Today I had a really interesting chat about healthcare interoperability with Mario Hyland, Founder of AEGIS. I’m looking at a number of ways that Mario and I can work together to move healthcare interoperability forward. We’ll probably start with a video hangout with Mario and then expand from there.

Until then, I was struck by something Mario said in our conversation: “Healthcare interoperability is not a point in time. You can be interoperable today and then not be tomorrow.

This really resonated with me and no doubt resonates with doctors and hospitals who have an interface with some other medical organization. You know how easy it is for your interface to break. It’s never intentional, but these software are so large and complex that someone will make a change and not realize the impact that change will have across all your connections. As I wrote on Hospital EMR and EHR, API’s are Hard!

Currently we don’t even have a bunch of complex APIs with hundreds of companies connecting to the EHR. We’re lucky if an EHR has a lab interface, ePrescribing, maybe a radiology interface, and maybe a connection to a local hospital. Now imagine the issues that crop up when you’re connecting to hundreds of companies and systems. Mario was right when he told me, “Healthcare thinks we’re dealing with the complex challenges of healthcare interoperability. Healthcare doesn’t know the interoperability challenges that still wait for them and they’re so much more complex than what we’re dealing with today.”
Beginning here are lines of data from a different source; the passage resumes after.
-- ===== src/RemoteFileBuffer/Ring.antt =====
-- The ring of `RemoteFileBuffer` as a sequence of bytes: what the two `memcpy` of `TryWrite` and of
-- `Read` do to it.
use native.Mathlib.Nat.{mod-eq_of_lt, mod-eq-sub-mod}
use libre_connect.Base.{
  ℕ, ◌+◌, ◌-◌, ◌%◌, ◌≤◌, ◌<◌, ◌≡◌, refl, sym, ap, ◌∙◌, List, [], ◌++◌, append_assoc, append-nil,
  length, take, drop, length-append, length-take, length-drop, take-append, drop-append,
  take-append_le, drop-append_le, take-append-drop, take_all, drop_all, drop-drop, take-add, arith,
  le_or_lt, inl, inr, min,
}
use libre_connect.Wire.Buffer.{
  Buffer, write_at, length-write_at, write_at_second, write_at-nil, write_at-write_at,
}
use libre_connect.RemoteFileBuffer.{put, fetch}

-- The ring at `begin` holds those bytes: in one piece, or over the end of the storage.
pub data Holds (storage : Buffer) (begin : ℕ) (bytes : List ℕ) : Type 0 where
  flat :
      (before behind : List ℕ)
      → storage ≡ before ++ (bytes ++ behind)
      → length before ≡ begin
      → Holds storage begin bytes
  wrapped :
      (front gap back : List ℕ)
      → storage ≡ front ++ (gap ++ back)
      → length front + length gap ≡ begin
      → bytes ≡ back ++ front
      → Holds storage begin bytes

-- The bytes that the reader has not taken yet.
abbrev pub contents_of : Buffer → ℕ → ℕ → List ℕ
contents_of storage begin size = take size (drop begin storage ++ take begin storage)

mod_low : (a n : ℕ) → a < n → a % n ≡ a
mod_low a n h = mod-eq_of_lt h

mod_high : (a n : ℕ) → n ≤ a → a < n + n → a % n ≡ a - n
mod_high a n h k = mod-eq-sub-mod h ∙ mod-eq_of_lt (omega arith)

pub length-window :
    (storage : Buffer) (begin size : ℕ)
    → begin < length storage
    → size ≤ length storage
    → length (contents_of storage begin size) ≡ size
length-window storage begin size h k = omega (
  arith,
  length-take size (drop begin storage ++ take begin storage),
  length-append (drop begin storage) (take begin storage),
  length-drop begin storage,
  length-take begin storage,
)

pub contents-Holds :
    (storage : Buffer) (begin size : ℕ)
    → begin < length storage
    → size ≤ length storage
    → Holds storage begin (contents_of storage begin size)
contents-Holds storage begin size h k = elim (le_or_lt (begin + size) (length storage)) [
  | inl straight ↦
      flat (take begin storage) (drop size (drop begin storage))
        (sym (take-append-drop begin storage)
          ∙ ap (◌++◌ (take begin storage)) (
              sym (take-append-drop size (drop begin storage))
              ∙ ap (λ (l : List ℕ). l ++ drop size (drop begin storage))
                  (sym (
                    take-append_le size (drop begin storage) _
                      (omega (arith, length-drop begin storage))))))
        (omega (arith, length-take begin storage))
  | inr around ↦
      let over : ℕ = begin + size - length storage in
      let split : take begin storage
          ≡ take over (take begin storage) ++ drop over (take begin storage) =
        sym (take-append-drop over (take begin storage)) in
      wrapped (take over (take begin storage)) (drop over (take begin storage)) (drop begin storage)
        (sym (take-append-drop begin storage)
          ∙ ap (λ (l : List ℕ). l ++ drop begin storage) split
          ∙ append_assoc _ _ (drop begin storage))
        (omega (
          arith,
          length-take over (take begin storage),
          length-drop over (take begin storage),
          length-take begin storage,
        ))
        (ap (λ (l : List ℕ). take size (drop begin storage ++ l)) split
          ∙ ap (take size) (sym (append_assoc (drop begin storage) _ _))
          ∙ take-append size (drop begin storage ++ take over (take begin storage)) _ (
              omega (
                arith,
                length-append (drop begin storage) (take over (take begin storage)),
                length-drop begin storage,
                length-take over (take begin storage),
                length-take begin storage,
              )))
]

pub Holds-contents :
    (storage : Buffer) (begin size : ℕ) (bytes : List ℕ)
    → Holds storage begin bytes
    → length bytes ≡ size
    → contents_of storage begin size ≡ bytes
Holds-contents storage begin size bytes (flat before behind e l) n =
    ap (λ (s : List ℕ). take size (drop begin s ++ take begin storage)) e
    ∙ ap (λ (s : List ℕ). take size (s ++ take begin storage))
        (drop-append begin before (bytes ++ behind) l)
    ∙ ap (take size) (append_assoc bytes behind (take begin storage))
    ∙ take-append size bytes _ n
Holds-contents storage begin size bytes (wrapped front gap back e l w) n =
    let e' : storage ≡ (front ++ gap) ++ back = e ∙ sym (append_assoc front gap back) in
    let l' : length (front ++ gap) ≡ begin = length-append front gap ∙ l in
    ap (take size) (
      ap (λ (s : List ℕ). s ++ take begin storage)
        (ap (drop begin) e' ∙ drop-append begin (front ++ gap) back l')
      ∙ ap (λ (s : List ℕ). back ++ s)
          (ap (take begin) e' ∙ take-append begin (front ++ gap) back l')
      ∙ sym (append_assoc back front gap)
      ∙ ap (λ (s : List ℕ). s ++ gap) (sym w))
    ∙ take-append size bytes gap n

put_whole :
    (storage : Buffer) (position : ℕ) (bytes : List ℕ)
    → length bytes ≤ length storage - position
    → put storage position bytes ≡ write_at storage position bytes
unfolding put
put_whole storage position bytes h =
    let e : min (length bytes) (length storage - position) ≡ length bytes = omega arith in
    ap (λ (n : ℕ). write_at (write_at storage position (take n bytes)) 0 (drop n bytes)) e
    ∙ ap (λ (l : List ℕ). write_at (write_at storage position l) 0 (drop (length bytes) bytes))
        (take_all (length bytes) bytes (omega arith))
    ∙ ap (write_at (write_at storage position bytes) 0)
        (drop_all (length bytes) bytes (omega arith))
    ∙ write_at-nil _ 0

put_around :
    (before bytes : List ℕ) (behind : List ℕ) (position : ℕ)
    → length before ≡ position
    → length behind ≤ length bytes
    → length bytes - length behind ≤ length before
    → put (before ++ behind) position bytes
      ≡ drop (length behind) bytes
        ++ (drop (length bytes - length behind) before ++ take (length behind) bytes)
unfolding put
put_around before bytes behind position h k l =
    let e : min (length bytes) (length (before ++ behind) - position) ≡ length behind =
      omega (arith, length-append before behind) in
    let q : ℕ = length behind in
    ap (λ (n : ℕ). write_at (write_at (before ++ behind) position (take n bytes)) 0 (drop n bytes))
      e
    ∙ ap (λ (s : List ℕ). write_at s 0 (drop q bytes))
        (write_at_second before behind (take q bytes) position h
          ∙ ap (λ (s : List ℕ). before ++ (take q bytes ++ s))
              (drop_all (length (take q bytes)) behind (omega (arith, length-take q bytes)))
          ∙ ap (◌++◌ before) (append-nil (take q bytes)))
    ∙ write_at_second [] (before ++ take q bytes) (drop q bytes) 0 refl
    ∙ ap (◌++◌ (drop q bytes)) (
        ap (λ (n : ℕ). drop n (before ++ take q bytes)) (length-drop q bytes)
        ∙ drop-append_le (length bytes - q) before (take q bytes) l)

-- `TryWrite` appends to the contents.
pub put-Holds :
    (storage : Buffer) (begin size : ℕ) (held bytes : List ℕ)
    → Holds storage begin held
    → length held ≡ size
    → begin < length storage
    → size + length bytes ≤ length storage
    → Holds (put storage ((begin + size) % length storage) bytes) begin (held ++ bytes)
put-Holds storage begin size held bytes (flat before behind e l) n h k =
    let n₀ : length storage ≡ length before + (size + length behind) =
      omega
        (arith, ap length e, length-append before (held ++ behind), length-append held behind) in
    let n₁ : length (before ++ held) ≡ begin + size = omega (arith, length-append before held) in
    let e' : storage ≡ (before ++ held) ++ behind = e ∙ sym (append_assoc before held behind) in
    elim (le_or_lt (length storage) (begin + size)) [
      | inl full ↦
          let z : (begin + size) % length storage ≡ 0 =
            mod_high (begin + size) (length storage) full (omega arith) ∙ omega arith in
          wrapped bytes (drop (length bytes) before) (held ++ behind)
            (ap (λ (i : ℕ). put storage i bytes) z
              ∙ put_whole storage 0 bytes (omega arith)
              ∙ ap (λ (s : List ℕ). write_at s 0 bytes) e
              ∙ write_at_second [] (before ++ (held ++ behind)) bytes 0 refl
              ∙ ap (◌++◌ bytes) (drop-append_le (length bytes) before _ (omega arith)))
            (omega (arith, length-drop (length bytes) before))
            (ap (λ (s : List ℕ). s ++ bytes)
              (sym (append-nil held) ∙ ap (◌++◌ held) (sym (drop_all 0 behind (omega arith)))))
      | inr room ↦
          let z : (begin + size) % length storage ≡ begin + size =
            mod_low (begin + size) (length storage) room in
          elim (le_or_lt (length bytes) (length behind)) [
            | inl fits ↦
                flat before (drop (length bytes) behind)
                  (ap (λ (i : ℕ). put storage i bytes) z
                    ∙ put_whole storage (begin + size) bytes (omega arith)
                    ∙ ap (λ (s : List ℕ). write_at s (begin + size) bytes) e'
                    ∙ write_at_second (before ++ held) behind bytes (begin + size) n₁
                    ∙ append_assoc before held _
                    ∙ ap (◌++◌ before) (sym (append_assoc held bytes _)))
                  l
            | inr around ↦
                wrapped (drop (length behind) bytes) (drop (length bytes - length behind) before)
                  (held ++ take (length behind) bytes)
                  (ap (λ (i : ℕ). put storage i bytes) z
                    ∙ ap (λ (s : List ℕ). put s (begin + size) bytes) e'
                    ∙ put_around (before ++ held) bytes behind (begin + size) n₁ (omega arith)
                        (omega arith)
                    ∙ ap
                        (λ (s : List ℕ).
                          drop (length behind) bytes ++ (s ++ take (length behind) bytes))
                        (drop-append_le (length bytes - length behind) before held (omega arith))
                    ∙ ap (◌++◌ (drop (length behind) bytes)) (append_assoc _ held _))
                  (omega (
                    arith,
                    length-drop (length behind) bytes,
                    length-drop (length bytes - length behind) before,
                  ))
                  (ap (◌++◌ held) (sym (take-append-drop (length behind) bytes))
                    ∙ sym (append_assoc held _ _))
          ]
    ]
put-Holds storage begin size held bytes (wrapped front gap back e l w) n h k =
    let n₀ : length storage ≡ length front + (length gap + length back) =
      omega (arith, ap length e, length-append front (gap ++ back), length-append gap back) in
    let n₁ : length held ≡ length back + length front = ap length w ∙ length-append back front in
    let z : (begin + size) % length storage ≡ length front =
      mod_high (begin + size) (length storage) (omega arith) (omega arith) ∙ omega arith in
    wrapped (front ++ bytes) (drop (length bytes) gap) back
      (ap (λ (i : ℕ). put storage i bytes) z
        ∙ put_whole storage (length front) bytes (omega arith)
        ∙ ap (λ (s : List ℕ). write_at s (length front) bytes) e
        ∙ write_at_second front (gap ++ back) bytes (length front) refl
        ∙ ap (λ (s : List ℕ). front ++ (bytes ++ s))
            (drop-append_le (length bytes) gap back (omega arith))
        ∙ sym (append_assoc front bytes _))
      (omega (arith, length-append front bytes, length-drop (length bytes) gap))
      (ap (λ (s : List ℕ). s ++ bytes) w ∙ append_assoc back front bytes)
I don’t want to say this as discouragement, but it should encourage us to be really thoughtful about how we handle healthcare interoperability so it can scale up. The title of this post asks a tough question that isn’t being solved by our current one time approach to certification. How do we achieve continuous healthcare interoperability that won’t break on the next upgrade cycle?

I asked Mario why the current EHR certification process hasn’t been able to solve this problem and he said that current EHR certification is more of a one time visual inspection of interoperability. Unfortunately it doesn’t include a single testing platform that really tests an EHR against a specific interoperability standard, let alone ongoing tests to make sure that any changes to the EHR don’t affect future interoperability.

I’ve long chewed on why it is that we can have a “standard” for interoperability, but unfortunately that doesn’t mean that EHR systems can actually interoperate. I’ve heard people tell me that there are flavors of the standard and each organization has a different flavor. I’ve seen this, but what I’ve found is that there are different interpretations of the same standard. When you dig into the details of any standard, you can see how it’s easy for an organization to interpret a standard multiple ways.